* What the exercise asks: From the data below, retype exactly the lines starting with the one that contains "unfoldable pub create_browser_session" and ending with the one that contains "csrf_hash = csrf_hash;", both included.

Saved data entries:
++++
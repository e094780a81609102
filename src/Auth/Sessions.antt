-- ===== src/Auth/Sessions.antt =====
-- Browser and native sessions, and the state of a login (lobby-server/src/db/sessions.rs).
use mathlib.Core.Option
use steam_lobby.Prelude.{
  ℕ, ◌+◌, String, Bool, true, false, ◌&&◌, ◌==◌, str_eq, Option, none, some, is_some, if◌then◌else◌,
  List, Table, put, modify, update,
}
use steam_lobby.Core.Types.{Uuid, DateTime}
use steam_lobby.Core.Action.{Action, pure, gets, modifies, ◌>>=◌, ◌>>◌}
use steam_lobby.Store.Queue.{seconds}
use steam_lobby.Auth.State.{
  Hash, Secret, Auth, UserAccount, BrowserSession, NativeSession, LoginState, new_id, minutes,
  insert_if_new, is_live, revoked_since,
}

abbrev pub revoke_browser : DateTime → BrowserSession → BrowserSession
revoke_browser now r = record r { revoked_at = revoked_since r.revoked_at now }

abbrev pub revoke_native : DateTime → NativeSession → NativeSession
revoke_native now r = record r { revoked_at = revoked_since r.revoked_at now }

abbrev pub is_live_browser : DateTime → BrowserSession → Bool
is_live_browser now r = is_live r.expires_at r.revoked_at now

abbrev pub is_live_native : DateTime → NativeSession → Bool
is_live_native now r = is_live r.expires_at r.revoked_at now

-- UPDATE … SET f WHERE p, on every row
abbrev pub update_where : {V : Type 0} → (V → Bool) → (V → V) → Table V → Table V
update_where p f t k = Option.map (λ r. if p r then f r else r) (t k)

-- UPDATE … SET f WHERE key = k AND p
abbrev pub update_row : {V : Type 0} → Uuid → (V → Bool) → (V → V) → Table V → Table V
update_row k p f = modify k λ r. if p r then f r else r

-- SELECT … WHERE key = k AND p
abbrev pub row_where : {V : Type 0} → (V → Bool) → Option V → Option V
row_where p none = none
row_where p (some r) = if p r then some r else none

unfoldable pub create_browser_session : Uuid → String → Hash → ℕ → Action Auth Uuid
create_browser_session user provider csrf_hash ttl_secs = do
  id ← new_id
  taken ← gets (λ s. is_some (s.browser_sessions id))
  insert_if_new taken (λ s. record s {
    browser_sessions =
        put id
          (record {
            user_id = user;
            auth_provider = provider;
            csrf_hash = csrf_hash;
            expires_at = s.now + seconds ttl_secs;
            last_seen_at = s.now;
            revoked_at = none;
          })
          s.browser_sessions;
  })
  pure id

unfoldable pub create_native_session : Uuid → Action Auth Uuid
create_native_session user = do
  id ← new_id
  taken ← gets (λ s. is_some (s.native_sessions id))
  insert_if_new taken (λ s. record s {
    native_sessions =
        put id
          (record {
            user_id = user;
            expires_at = s.now + minutes 60;
            last_seen_at = s.now;
            revoked_at = none;
          })
          s.native_sessions;
  })
  pure id

abbrev pub browser_of : Uuid → DateTime → BrowserSession → Bool
browser_of user now r = r.user_id == user && is_live_browser now r

abbrev pub native_of : Uuid → DateTime → NativeSession → Bool
native_of user now r = r.user_id == user && is_live_native now r

unfoldable pub live_browser_session : Uuid → Uuid → Action Auth (Option BrowserSession)
live_browser_session id user = gets λ s. row_where (browser_of user s.now) (s.browser_sessions id)

unfoldable pub live_native_session : Uuid → Uuid → Action Auth (Option NativeSession)
live_native_session id user = gets λ s. row_where (native_of user s.now) (s.native_sessions id)

unfoldable pub live_native_session_by_id : Uuid → Action Auth (Option NativeSession)
live_native_session_by_id id = gets λ s. row_where (is_live_native s.now) (s.native_sessions id)

-- rows_affected() == 1
unfoldable pub touch_browser_session : Uuid → Uuid → Action Auth Bool
touch_browser_session id user = do
  touched ← gets (λ s. is_some (row_where (browser_of user s.now) (s.browser_sessions id)))
  modifies (λ s. record s {
    browser_sessions =
        update_row id (browser_of user s.now) (λ r. record r { last_seen_at = s.now })
          s.browser_sessions;
  })
  pure touched

unfoldable pub touch_native_session : Uuid → Uuid → Action Auth Bool
touch_native_session id user = do
  touched ← gets (λ s. is_some (row_where (native_of user s.now) (s.native_sessions id)))
  modifies (λ s. record s {
    native_sessions =
        update_row id (native_of user s.now) (λ r. record r { last_seen_at = s.now })
          s.native_sessions;
  })
  pure touched

unfoldable pub revoke_browser_session : Uuid → Uuid → Action Auth (Unit {0})
revoke_browser_session id user = modifies λ s. record s {
  browser_sessions =
      update_row id (λ r. r.user_id == user) (revoke_browser s.now) s.browser_sessions;
}

unfoldable pub revoke_native_session : Uuid → Uuid → Action Auth (Unit {0})
revoke_native_session id user = modifies λ s. record s {
  native_sessions = update_row id (λ r. r.user_id == user) (revoke_native s.now) s.native_sessions;
}

abbrev bump_version : Uuid → List UserAccount → List UserAccount
bump_version user = update (λ u. u.id == user) λ u. record u { token_version = u.token_version + 1 }

unfoldable pub revoke_all_sessions : Uuid → Action Auth (Unit {0})
revoke_all_sessions user = modifies λ s. record s {
  browser_sessions =
      update_where (λ r. r.user_id == user) (revoke_browser s.now) s.browser_sessions;
  native_sessions = update_where (λ r. r.user_id == user) (revoke_native s.now) s.native_sessions;
  users = bump_version user s.users;
}

abbrev pub is_provider_session : Uuid → String → BrowserSession → Bool
is_provider_session user provider r = r.user_id == user && str_eq r.auth_provider provider

unfoldable pub revoke_provider_browser_sessions : Uuid → String → Action Auth (Unit {0})
revoke_provider_browser_sessions user provider = modifies λ s. record s {
  browser_sessions =
      update_where (is_provider_session user provider) (revoke_browser s.now) s.browser_sessions;
}

-- `token_hash` is SHA-256
module _ (token_hash : Secret → Hash) where
  unfoldable pub create_oauth_login_state :
      Secret → Secret → String → String → Option Secret → Action Auth (Unit {0})
  create_oauth_login_state state browser_nonce provider return_to verifier = do
    taken ← gets (λ s. is_some (s.login_states (token_hash state)))
    insert_if_new taken (λ s. record s {
      login_states =
          put (token_hash state)
            (record {
              browser_nonce_hash = token_hash browser_nonce;
              provider = provider;
              return_to = return_to;
              code_verifier = verifier;
              expires_at = s.now + minutes 10;
              consumed_at = none;
            })
            s.login_states;
    })

  -- consumed_at IS NULL AND expires_at > NOW()
  abbrev pub is_open_state : DateTime → LoginState → Bool
  is_open_state now r = is_live r.expires_at r.consumed_at now

  abbrev fits_login : String → Secret → LoginState → Bool
  fits_login provider browser_nonce r =
      str_eq r.provider provider && r.browser_nonce_hash == token_hash browser_nonce

  abbrev consume_row : Hash → Option LoginState → Bool → Action Auth (Option LoginState)
  consume_row h none fits = pure none
  consume_row h (some r) false = pure none
  consume_row h (some r) true = do
    modifies (λ s. record s {
      login_states = modify h (λ x. record x { consumed_at = some s.now }) s.login_states;
    })
    pure (some r)

  unfoldable pub consume_oauth_login_state :
      Secret → Secret → String → Action Auth (Option LoginState)
  consume_oauth_login_state state browser_nonce provider s =
      let row = row_where (is_open_state s.now) (s.login_states (token_hash state)) in
      consume_row (token_hash state) row
        (Option.get_or (Option.map (fits_login provider browser_nonce) row) false) s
++++
* Response for this exercise:
unfoldable pub create_browser_session : Uuid → String → Hash → ℕ → Action Auth Uuid
create_browser_session user provider csrf_hash ttl_secs = do
  id ← new_id
  taken ← gets (λ s. is_some (s.browser_sessions id))
  insert_if_new taken (λ s. record s {
    browser_sessions =
        put id
          (record {
            user_id = user;
            auth_provider = provider;
            csrf_hash = csrf_hash;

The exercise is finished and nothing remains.